This was the real deal.

Sandy may have just missed becoming the first official hurricane to make direct landfall in New Jersey since 1903, but she didn't miss it by much, hitting Atlantic County as a hybrid post-tropical northeaster powerful enough to flood the barrier islands, push beaches into streets and knock out power to hundreds of thousands throughout the state.

As we mop up and survey the damage in Sandy's aftermath, it may be time to ask ourselves, is this the new normal?

For the second time in two hurricane seasons, southern New Jersey faced, and handled, a major evacuation. Last year, Tropical Storm Irene led officials to call for an evacuation of Cape May County. To add insult to emergency, many families that fled the area found that conditions - flooding and power outages - were worse in the northern and western parts of the state to which they fled.

This week, barrier islands were evacuated before Sandy dealt us a direct hit. The storm came ashore Monday evening on Absecon Island, but its bands of nearly 85 mph winds and torrential rains - 14 inches in Atlantic City - were wide enough to embrace the entire state and region.
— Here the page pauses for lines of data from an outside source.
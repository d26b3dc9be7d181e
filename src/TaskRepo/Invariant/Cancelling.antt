-- ===== src/TaskRepo/Invariant/Cancelling.antt =====
-- Cancelling a task with its descendants, cancelling a run, the end of a run and the end of its
-- time keep the tables consistent: a run ends only with all its tasks.
use get_magnet.Common.{
  ℕ, ◌<◌, ◌==◌, ◌≡◌, refl, ◌∙◌, Bool, true, false, ◌&&◌, List, [], ◌∷◌, exists, select, update,
  Ensures, Ensures-guard, Ensures-or_fail, succeeds, arith, All-update, All-update_to,
  All-of_exists-false, All-map_both, inl, inr, Bool-cases, Option-cases,
}
use get_magnet.Table.Status.{is_active_task, TaskStatus}
use get_magnet.Table.Rows.{CrawlTask, WorkflowRun, LimitRow, Reason}
use get_magnet.TaskRepo.Cancel.{
  cancel_one, cancel_all, cancel_row, cancel_task_commit, cancel_run, cancel_run_row, descendants,
  is_active_id,
}
use get_magnet.TaskRepo.Finish.{end_task, limit_event, limit_row, same_limit}
use get_magnet.TaskRepo.Budgets.{record_limits, limit_task, expire_rows}
use get_magnet.TaskRepo.Outcome.{finish_run, finish_row, try_finish_run, is_live_in}
use get_magnet.TaskRepo.Store.{Db, run_is_active, find_task}
use get_magnet.TaskRepo.Invariant.{
  IsConsistent, IsRow, SameNumbers-update, amend_rows-IsConsistent, amend-IsConsistent,
}
use get_magnet.TaskRepo.Invariant.Ending.{end_task-IsRow}
use get_magnet.TaskRepo.Invariant.Runs.{run_is_active-update_ne}

cancel_row-IsRow :
    (runs : List WorkflowRun) (now : ℕ) (t : CrawlTask)
    → IsRow runs t
    → IsRow runs (cancel_row now t)
cancel_row-IsRow runs now t r = record { live = λ h. cc; leased = refl; capped = r.capped }

cancel_one-IsConsistent :
    (now id : ℕ) (db : Db) → IsConsistent db → IsConsistent (cancel_one now db id)
unfolding cancel_one
cancel_one-IsConsistent now id db v =
    amend_rows-IsConsistent db _ (λ t. (t.id == id) && is_active_task t.status) (cancel_row now)
      (λ t. refl) (λ t. refl) refl (SameNumbers-update _ _ (λ a. refl) (λ a. refl) db.attempts) refl
      refl refl (λ t h r. cancel_row-IsRow db.runs now t r) v

cancel_all-IsConsistent :
    (now : ℕ) (ids : List ℕ) (db : Db) → IsConsistent db → IsConsistent (cancel_all now ids db)
unfolding cancel_all
cancel_all-IsConsistent now [] db v = v
cancel_all-IsConsistent now (id ∷ ids) db v =
    cancel_all-IsConsistent now ids _ (cancel_one-IsConsistent now id db v)

pub cancel_task_commit-IsConsistent :
    (early : Db) (now id : ℕ) (db : Db)
    → IsConsistent db
    → Ensures IsConsistent (cancel_task_commit early now id db)
unfolding cancel_task_commit
cancel_task_commit-IsConsistent early now id db v = Ensures-or_fail _ λ task read.
    Ensures-guard _ λ active.
      Ensures-guard _ λ live. succeeds (cancel_all-IsConsistent now (descendants id db.tasks) db v)

-- The rows of a run with no live task left stay rows, whatever becomes of the run.
ended_run-IsRow :
    (run_id : ℕ) (c : WorkflowRun → Bool) (f : WorkflowRun → WorkflowRun)
    → ((r : WorkflowRun) → (f r).id ≡ r.id)
    → ((r : WorkflowRun) → c r ≡ true → r.id ≡ run_id)
    → (runs : List WorkflowRun) (t : CrawlTask) → is_live_in run_id t ≡ false
    → IsRow runs t
    → IsRow (update c f runs) t
ended_run-IsRow run_id c f same only runs t ended r = record {
  live = λ active.
      rw
        (run_is_active-update_ne c f same run_id only t.run_id runs (ground (arith, ended, active)))
        (r.live active);
  leased = r.leased;
  capped = r.capped;
}

finish_row-id :
    (now run_id : ℕ) (db : Db) (r : WorkflowRun) → (finish_row now run_id db r).id ≡ r.id
unfolding finish_row
finish_row-id now run_id db r = refl

pub finish_run-IsConsistent :
    (now run_id : ℕ) (db : Db) → IsConsistent db → IsConsistent (finish_run now run_id db)
unfolding finish_run
finish_run-IsConsistent now run_id db v = elim (Bool-cases (exists (is_live_in run_id) db.tasks)) [
  | inl live ↦ rw live (ground (arith, v))
  | inr ended ↦ elim (Bool-cases (run_is_active run_id db.runs)) [
    | inr over ↦ rw over v
    | inl active ↦
        rw (active, ended)
          (record {
            rows =
                All-map_both
                  (λ t r e.
                    ended_run-IsRow run_id (λ r. r.id == run_id) (finish_row now run_id db)
                      (finish_row-id now run_id db) (λ r h. ground arith) db.runs t e r)
                  db.tasks v.rows (All-of_exists-false (is_live_in run_id) db.tasks ended);
            numbered = v.numbered;
            distinct = v.distinct;
            fresh_tasks = v.fresh_tasks;
            fresh_attempts = v.fresh_attempts;
            fresh_runs =
                All-update (λ r. r.id < db.next_run_id) (λ r. r.id == run_id)
                  (finish_row now run_id db) (λ r _ p. rw (finish_row-id now run_id db r) p) db.runs
                  v.fresh_runs;
          })
  ]
]

pub try_finish_run-IsConsistent :
    (early : Db) (now task_id : ℕ) (db : Db)
    → IsConsistent db
    → IsConsistent (try_finish_run early now task_id db)
unfolding try_finish_run
try_finish_run-IsConsistent early now task_id db v = elim (Option-cases (find_task task_id early)) [
  | inl missing ↦ rw (missing, try_finish_run) v
  | inr (t, found) ↦ rw (found, try_finish_run) (finish_run-IsConsistent now t.run_id db v)
]

pub cancel_run-IsConsistent :
    (now id : ℕ) (db : Db) → IsConsistent db → Ensures IsConsistent (cancel_run now id db)
unfolding cancel_run
cancel_run-IsConsistent now id db v = Ensures-guard _ λ one. succeeds (
    amend-IsConsistent db _ (is_live_in id) (end_task now TaskStatus.cancelled) (λ t. refl)
      (λ t. refl) refl (SameNumbers-update _ _ (λ a. refl) (λ a. refl) db.attempts) refl
      (All-update (λ r. r.id < db.next_run_id) _ _ (λ r _ p. p) db.runs v.fresh_runs)
      (All-update_to {P = IsRow db.runs} (is_live_in id) (end_task now TaskStatus.cancelled)
        (λ t live r. end_task-IsRow _ now TaskStatus.cancelled t refl r)
        (λ t other r.
          ended_run-IsRow id (is_active_id id) (cancel_run_row now) (λ r. refl)
            (λ r h. ground arith) db.runs t other r)
        db.tasks v.rows)
      v)

limit_event-tables :
    (e : LimitRow) (db : Db)
    → ((limit_event e db).runs ≡ db.runs)
      × ((limit_event e db).next_run_id ≡ db.next_run_id)
      × ((limit_event e db).next_task_id ≡ db.next_task_id)
unfolding limit_event
limit_event-tables e db = ground arith

pub limit_event-IsConsistent :
    (e : LimitRow) (db : Db) → IsConsistent db → IsConsistent (limit_event e db)
unfolding limit_event
limit_event-IsConsistent e db v = elim (Bool-cases (exists (same_limit e) db.limit_events)) [
  | inl known ↦ rw known v
  | inr new ↦ rw new (record {
    rows = v.rows;
    numbered = v.numbered;
    distinct = v.distinct;
    fresh_tasks = v.fresh_tasks;
    fresh_attempts = v.fresh_attempts;
    fresh_runs = v.fresh_runs;
  })
]

record_limits-tables :
    (ts : List CrawlTask) (db : Db)
    → ((record_limits ts db).runs ≡ db.runs)
      × ((record_limits ts db).next_run_id ≡ db.next_run_id)
      × ((record_limits ts db).next_task_id ≡ db.next_task_id)
unfolding record_limits
record_limits-tables [] db = (refl, refl, refl)
record_limits-tables (t ∷ ts) db =
    let event = limit_row t t.input.url Reason.max_duration_seconds in
    let rest = record_limits-tables ts (limit_event event db) in
    let head = limit_event-tables event db in (rest.0 ∙ head.0, rest.1 ∙ head.1, rest.2 ∙ head.2)

limit_task-IsRow :
    (runs : List WorkflowRun) (now : ℕ) (t : CrawlTask)
    → IsRow runs t
    → IsRow runs (limit_task now t)
limit_task-IsRow runs now t r = record { live = λ h. cc; leased = refl; capped = r.capped }

pub expire_rows-IsConsistent :
    (now run_id : ℕ) (db : Db) → IsConsistent db → IsConsistent (expire_rows now run_id db)
unfolding expire_rows
expire_rows-IsConsistent now run_id db v =
    let kept = record_limits-tables (select (is_live_in run_id) db.tasks) db in
    amend_rows-IsConsistent db _ (is_live_in run_id) (limit_task now) (λ t. refl) (λ t. refl) refl
      (SameNumbers-update _ _ (λ a. refl) (λ a. refl) db.attempts) kept.2 kept.1 kept.0
      (λ t h r. limit_task-IsRow db.runs now t r) v
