-- ===== src/TaskRepo/Invariant/Adding.antt =====
-- New rows (`createTask`, `RerunRun`) keep the tables consistent.
use get_magnet.Common.{
  ℕ, suc, ◌<◌, ◌==◌, ltb, ◌≡◌, refl, sym, ◌∙◌, true, Option, none, some, String, List, [], ◌∷◌,
  ◌++◌, first, Ensures, Ensures-guard, Ensures-or_fail, Ensures->>=, Ensures->>, succeeds, arith,
  All, All-map, All-append, inl, inr, Bool-cases, Option-cases, first-append_none, str_eq,
}
use get_magnet.CrawlPolicy.{Urls}
use get_magnet.Table.Rows.{CrawlTask, TaskAttempt, WorkflowRun, TaskInput}
use get_magnet.TaskRepo.Create.{
  same_work, Request, Created, new_task, insert_task, create_task, create_child,
  create_workflow_child,
}
use get_magnet.TaskRepo.Invariant.{IsConsistent, IsRow}
use get_magnet.TaskRepo.Invariant.Keys.{ids-append-Distinct, ids-append-fresh}
use get_magnet.TaskRepo.Invariant.Runs.{
  IsRow-runs, run_is_active-start_run, run_is_active-append, start_run-fresh,
}
use get_magnet.TaskRepo.Invariant.Cancelling.{limit_event-IsConsistent}
use get_magnet.TaskRepo.Retry.{rerun_run, create_run, fresh_run, new_run, queued_task}
use get_magnet.TaskRepo.Store.{Db, run_is_active, max_attempt_no}

max_attempt_no-none :
    (id : ℕ) (xs : List TaskAttempt) → All (λ a. a.task_id < id) xs → max_attempt_no id xs ≡ 0
unfolding max_attempt_no
max_attempt_no-none id [] h = refl
max_attempt_no-none id (a ∷ xs) h = ground (arith, max_attempt_no-none id xs h.1)

-- A new row without attempts, under the next id.
pub append-IsConsistent :
    (db db' : Db) (t : CrawlTask)
    → t.id ≡ db.next_task_id
    → t.attempt_count ≡ 0
    → IsRow db'.runs t
    → ((u : CrawlTask) → IsRow db.runs u → IsRow db'.runs u)
    → All (λ r. r.id < db'.next_run_id) db'.runs
    → db'.tasks ≡ db.tasks ++ t ∷ []
    → db'.attempts ≡ db.attempts
    → db'.next_task_id ≡ suc db.next_task_id
    → IsConsistent db
    → IsConsistent db'
append-IsConsistent db db' t new zero row keep runs tasks attempts next v = record {
  rows =
      rw tasks
        (All-append (IsRow db'.runs) db.tasks (t ∷ []) (All-map keep db.tasks v.rows) (row, tt));
  numbered =
      rw (tasks, attempts)
        (All-append (λ u. u.attempt_count ≡ max_attempt_no u.id db.attempts) db.tasks (t ∷ [])
          v.numbered
          (zero ∙ sym (max_attempt_no-none t.id db.attempts (rw new v.fresh_attempts)), tt));
  distinct = rw tasks (ids-append-Distinct db.tasks t v.distinct (rw new v.fresh_tasks));
  fresh_tasks = rw (tasks, next) (rw (← new) (ids-append-fresh db.tasks t (rw new v.fresh_tasks)));
  fresh_attempts =
      rw (attempts, next) (All-map (λ a p. omega (arith, p)) db.attempts v.fresh_attempts);
  fresh_runs = runs;
}

new_task-IsRow :
    (runs : List WorkflowRun) (db : Db) (now : ℕ) (q : Request) (parent : Option ℕ) (depth : ℕ)
    → run_is_active q.run_id runs ≡ true
    → IsRow runs (new_task db now q parent depth)
new_task-IsRow runs db now q parent depth active = record {
  live = λ _. active;
  leased = refl;
  capped = omega arith;
}

insert_task-IsConsistent :
    (now : ℕ) (q : Request) (parent : Option ℕ) (depth : ℕ) (db : Db)
    → run_is_active q.run_id db.runs ≡ true
    → IsConsistent db
    → IsConsistent (insert_task now (new_task db now q parent depth) db).0
unfolding insert_task
insert_task-IsConsistent now q parent depth db active v =
    append-IsConsistent db _ (new_task db now q parent depth) refl refl
      (new_task-IsRow _ db now q parent depth
        (run_is_active-start_run now q.run_id q.run_id db.runs active))
      (λ u r. IsRow-runs db.runs _ u (run_is_active-start_run now q.run_id u.run_id db.runs) r)
      (start_run-fresh now q.run_id db.next_run_id db.runs v.fresh_runs) refl refl refl v

abbrev First : Db × Created → Type 0
First r = IsConsistent r.0

create_workflow_child-IsConsistent :
    (urls : Urls) (now : ℕ) (q : Request) (parent : CrawlTask) (db : Db)
    → run_is_active q.run_id db.runs ≡ true
    → IsConsistent db
    → Ensures First (create_workflow_child urls now q parent db)
unfolding create_workflow_child
create_workflow_child-IsConsistent urls now q parent db active v =
    elim (Option-cases (first (same_work q) db.tasks)) [
      | inr (t, found) ↦ rw (found, create_workflow_child) (succeeds v)
      | inl new ↦
          rw (new, create_workflow_child)
            (Ensures->>= λ limit read. elim (Option-cases limit.0) [
              | inr (reason, over) ↦ rw over (succeeds (limit_event-IsConsistent _ db v))
              | inl free ↦
                  rw free
                    (succeeds (insert_task-IsConsistent now q (some q.parent) limit.1 db active v))
            ])
    ]

create_child-IsConsistent :
    (urls : Urls) (now : ℕ) (q : Request) (attempt : Option TaskAttempt) (db : Db)
    → run_is_active q.run_id db.runs ≡ true
    → IsConsistent db
    → Ensures First (create_child urls now q attempt db)
unfolding create_child
create_child-IsConsistent urls now q attempt db active v = Ensures->>= λ parent found.
    Ensures->> λ held. elim (Bool-cases (str_eq q.task_type "workflow")) [
      | inl workflow ↦
          rw workflow (create_workflow_child-IsConsistent urls now q parent db active v)
      | inr other ↦
          rw other (succeeds (insert_task-IsConsistent now q (some q.parent) 0 db active v))
    ]

pub create_task-IsConsistent :
    (urls : Urls) (now : ℕ) (q : Request) (attempt : Option TaskAttempt) (db : Db)
    → IsConsistent db
    → Ensures First (create_task urls now q attempt db)
unfolding create_task
create_task-IsConsistent urls now q attempt db v = Ensures-guard _ λ named.
    Ensures-guard _ λ active. elim (Bool-cases (ltb 0 q.parent)) [
      | inl child ↦ rw child (create_child-IsConsistent urls now q attempt db active v)
      | inr root ↦ rw root (succeeds (insert_task-IsConsistent now q none 0 db active v))
    ]

new_run-found :
    (db : Db) (now : ℕ) (original : WorkflowRun)
    → run_is_active db.next_run_id (new_run db now original ∷ []) ≡ true
unfolding first
new_run-found db now original = ground arith

new_run-active :
    (db : Db) (now : ℕ) (original : WorkflowRun)
    → All (λ r. r.id < db.next_run_id) db.runs
    → run_is_active db.next_run_id (db.runs ++ new_run db now original ∷ []) ≡ true
new_run-active db now original fresh =
    rw
      (first-append_none (λ r. r.id == db.next_run_id) db.runs (new_run db now original ∷ [])
        (All-map (λ r p. ground arith) db.runs fresh))
      (new_run-found db now original)

pub rerun_run-IsConsistent :
    (early : Db) (now id : ℕ) (db : Db)
    → IsConsistent db
    → Ensures (λ r. IsConsistent r.0) (rerun_run early now id db)
unfolding rerun_run
rerun_run-IsConsistent early now id db v = Ensures-or_fail _ λ original read.
    Ensures-or_fail _ λ root found. succeeds (
      append-IsConsistent db _ (queued_task db now db.next_run_id root) refl refl
        (record {
          live = λ _. new_run-active db now original v.fresh_runs;
          leased = refl;
          capped = omega arith;
        })
        (λ u r.
          IsRow-runs db.runs _ u
            (run_is_active-append u.run_id db.runs (new_run db now original ∷ [])) r)
        (All-append (λ r. r.id < suc db.next_run_id) db.runs (new_run db now original ∷ [])
          (All-map (λ r p. omega (arith, p)) db.runs v.fresh_runs) (omega arith, tt))
        refl refl refl v)

pub create_run-IsConsistent :
    (now workflow version : ℕ) (trigger : String) (input : TaskInput) (db : Db)
    → IsConsistent db
    → IsConsistent (create_run now workflow version trigger input db).0
unfolding create_run
create_run-IsConsistent now workflow version trigger input db v = record {
  rows =
      All-map
        (λ t r.
          IsRow-runs db.runs _ t
            (run_is_active-append t.run_id db.runs
              (fresh_run db now workflow version trigger input ∷ []))
            r)
        db.tasks v.rows;
  numbered = v.numbered;
  distinct = v.distinct;
  fresh_tasks = v.fresh_tasks;
  fresh_attempts = v.fresh_attempts;
  fresh_runs =
      All-append (λ r. r.id < suc db.next_run_id) db.runs
        (fresh_run db now workflow version trigger input ∷ [])
        (All-map (λ r p. omega (arith, p)) db.runs v.fresh_runs) (omega arith, tt);
}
Throw into the discussion the June 30 derecho thunderstorms that flattened trees and knocked out power throughout Atlantic County, and snowstorms such as the blizzard of December 2010. In each we saw swift reaction from utility crews working long, difficult hours and heard stories of neighbors helping neighbors. And with each came the creeping suspicion that southern New Jersey is becoming ground zero for big storms.

Residents used to speak with confidence about how the shape of the eastern United States helped shield us from a direct hurricane strike. (Thank you, North Carolina.)

No more. It isn't just that the Philadelphia TV meteorologists have gotten more excitable. We really have seen more disruptive storms. Whether that's just an unusual run of bad luck or a new weather pattern we'll have to get used to, time will tell.

But it's clear we'll have to become less complacent about preparing for emergencies.

That means taking evacuation notices seriously and thinking ahead of time about where we would go and how we would get there. It means heeding warnings about unnecessary travel during storms.

It means being smart when using the ever-more-popular portable generators. Before Sandy hit, the Governor's Office issued a warning, saying generators tied into home electric systems without a properly installed transfer switch can "back feed," sending electricity into nearby lines, endangering utility workers and neighbors. And generators operated too close to homes pose a carbon monoxide hazard.

It means not waiting until the last minute to stock up on water, food and batteries, so that when the worst happens, you don't add to the burden of overworked emergency crews. And it means looking in on and helping our neighbors.

All over our region, the cleanup is under way. It's no fun dealing with flood damage, downed trees and insurance claims. But if you have your family safe around you, count yourself lucky, and think about getting ready for next time.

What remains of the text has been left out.